Similarly, the writers also need to be careful with how bull-headed they write Colonel Tigh when he's being a skeptical hard-ass. There are perhaps too many scenes in this episode where, for the sake of adding conflict, it's clear that he's taking the losing side of what would obviously solve the story's problems. Conflict makes good drama, but making Tigh too transparently wrong doesn't serve the character or the audience. I did, however, appreciate a scene where Tigh was willing to listen to Tyrol's plight, and the nice touch where Tigh takes a jar of alcohol as if it's his prerogative.
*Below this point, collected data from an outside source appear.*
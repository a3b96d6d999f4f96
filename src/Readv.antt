-- ===== src/Readv.antt =====
-- `dvdcss_readv` of src/libdvdcss.c: a read into several buffers.
pub mod Agree
mod Tests
use libdvdcss.Common.{
  ℕ, zero, suc, ◌+◌, Bool, true, false, not, ◌&&◌, ◌||◌, Option, none, some, List, [], ◌∷◌, ◌++◌,
  if◌then◌else◌, ◌==◌, ltb, length, take, drop, map, ◌&◌,
}
use libdvdcss.Keys.{DvdKey}
use libdvdcss.Unscramble.{block_size}
use libdvdcss.Dvdcss.{Dvdcss, Drive, pf_readv}
use libdvdcss.Reading.{decrypt_block}

-- How the loop ends, with the bytes of all buffers, one after the other: it decrypts all blocks, it
-- meets a length that is no multiple of 2048 and returns -1, or it goes on behind the end of a
-- buffer, or of the array of buffers, where the behaviour is undefined.
pub data Vectored : Type 0 where
  vectored : List ℕ → Vectored
  misaligned : List ℕ → Vectored
  overrun : Vectored

-- The bytes of buffers, one after the other.
unfoldable pub gather_bytes : List (List ℕ) → List ℕ
gather_bytes [] = []
gather_bytes (v ∷ vs) = v ++ gather_bytes vs

-- What has been decrypted goes in front.
unfoldable pub put_before : List ℕ → Vectored → Vectored
put_before clear (vectored bytes) = vectored (clear ++ bytes)
put_before clear (misaligned bytes) = misaligned (clear ++ bytes)
put_before clear overrun = overrun

-- `while( iov_len == 0 )`: the buffer to go on in, from where it is not decrypted yet, and those
-- behind it.
unfoldable pub skip_empty : List ℕ → List (List ℕ) → Option (List ℕ × List (List ℕ))
skip_empty (x ∷ xs) vs = some (x ∷ xs, vs)
skip_empty [] [] = none
skip_empty [] (v ∷ vs) = skip_empty v vs

-- The loop over `i_index`. `rest` is what `iov_base` and `iov_len` give.
unfoldable pub decrypt_vectors : DvdKey → ℕ → List ℕ → List (List ℕ) → Vectored
decrypt_vectors key zero rest vs = vectored (rest ++ gather_bytes vs)
decrypt_vectors key (suc n) rest vs =
    let onward : Vectored = elim (skip_empty rest vs) [
      | none ↦ overrun
      | some (v, ws) ↦
          let clear = decrypt_block key v in
          let after = decrypt_vectors key n (drop block_size clear) ws in
          if ltb (length v) block_size then overrun else put_before (take block_size clear) after
    ] in
    if length rest & 0x7ff == 0 then onward else misaligned (rest ++ gather_bytes vs)

-- `iov_base` and `iov_len` of the first buffer.
unfoldable pub decrypt_buffers : DvdKey → ℕ → List (List ℕ) → Vectored
decrypt_buffers key n [] = overrun
decrypt_buffers key n (v ∷ vs) = decrypt_vectors key n v vs

-- The number that is returned, where `none` is -1, with the buffers.
pub data VectorResult : Type 0 where
  gave : Option ℕ → List ℕ → VectorResult
  undefined : VectorResult

unfoldable pub finish_vectors : ℕ → Vectored → VectorResult
finish_vectors n (vectored bytes) = gave (some n) bytes
finish_vectors n (misaligned bytes) = gave none bytes
finish_vectors n overrun = undefined

unfoldable pub on_vectors : Dvdcss → Bool → ℕ × List (List ℕ) → VectorResult
on_vectors d decrypt (n, vs) =
    if n == 0 || (not d.b_scrambled || not decrypt)
    then gave (some n) (gather_bytes vs)
    else finish_vectors n (decrypt_buffers d.p_title_key n vs)

unfoldable pub on_vector_answer : Dvdcss → Bool → Option (ℕ × List (List ℕ)) → VectorResult
on_vector_answer d decrypt none = gave none []
on_vector_answer d decrypt (some answer) = on_vectors d decrypt answer

-- `decrypt` is `DVDCSS_READ_DECRYPT`. A failed read leaves nothing in the buffers that counts.
unfoldable pub dvdcss_readv : Drive → List ℕ → Bool → Dvdcss → VectorResult × Dvdcss
dvdcss_readv drive lengths decrypt d =
    let (answer, d') = pf_readv drive lengths d in (on_vector_answer d' decrypt answer, d')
Tyrol's storyline is a nice example of finding hope in a desperate situation, and I appreciated the way members of the crew were initially skeptical but slowly came around and rallied around his project. Unfortunately, this story doesn't segue smoothly into and out of the other plot involving the computer virus and Cylon attack fleet. It feels rushed, particularly at the end, where the story picks up the human threads in haste after the technical threads have been resolved.
The key emotional moment in the episode comes when Tyrol's new fighter is unveiled and christened at a ceremony that almost really works and is wonderfully performed ... except that logically it doesn't quite add up because there's no scene that adequately sets it up. Quite simply, I was puzzled by the fact that Tyrol and the deck crew decide to name the ship Laura in Roslin's honor. It's a moving gesture, but for me it had a slight head-scratching effect, because we've never really seen that there's a bond between the deck crew and President Roslin. Certainly there could be, but we've never been given that sense on-screen, so this scene doesn't quite add up or pay off.
Which is too bad. I certainly like the intentions here, and it's wonderfully staged. It reminds us that this series can be sentimental despite the darkness and despair. But it also seems like there are scenes missing from "Flight of the Phoenix," and without those scenes it's not quite complete.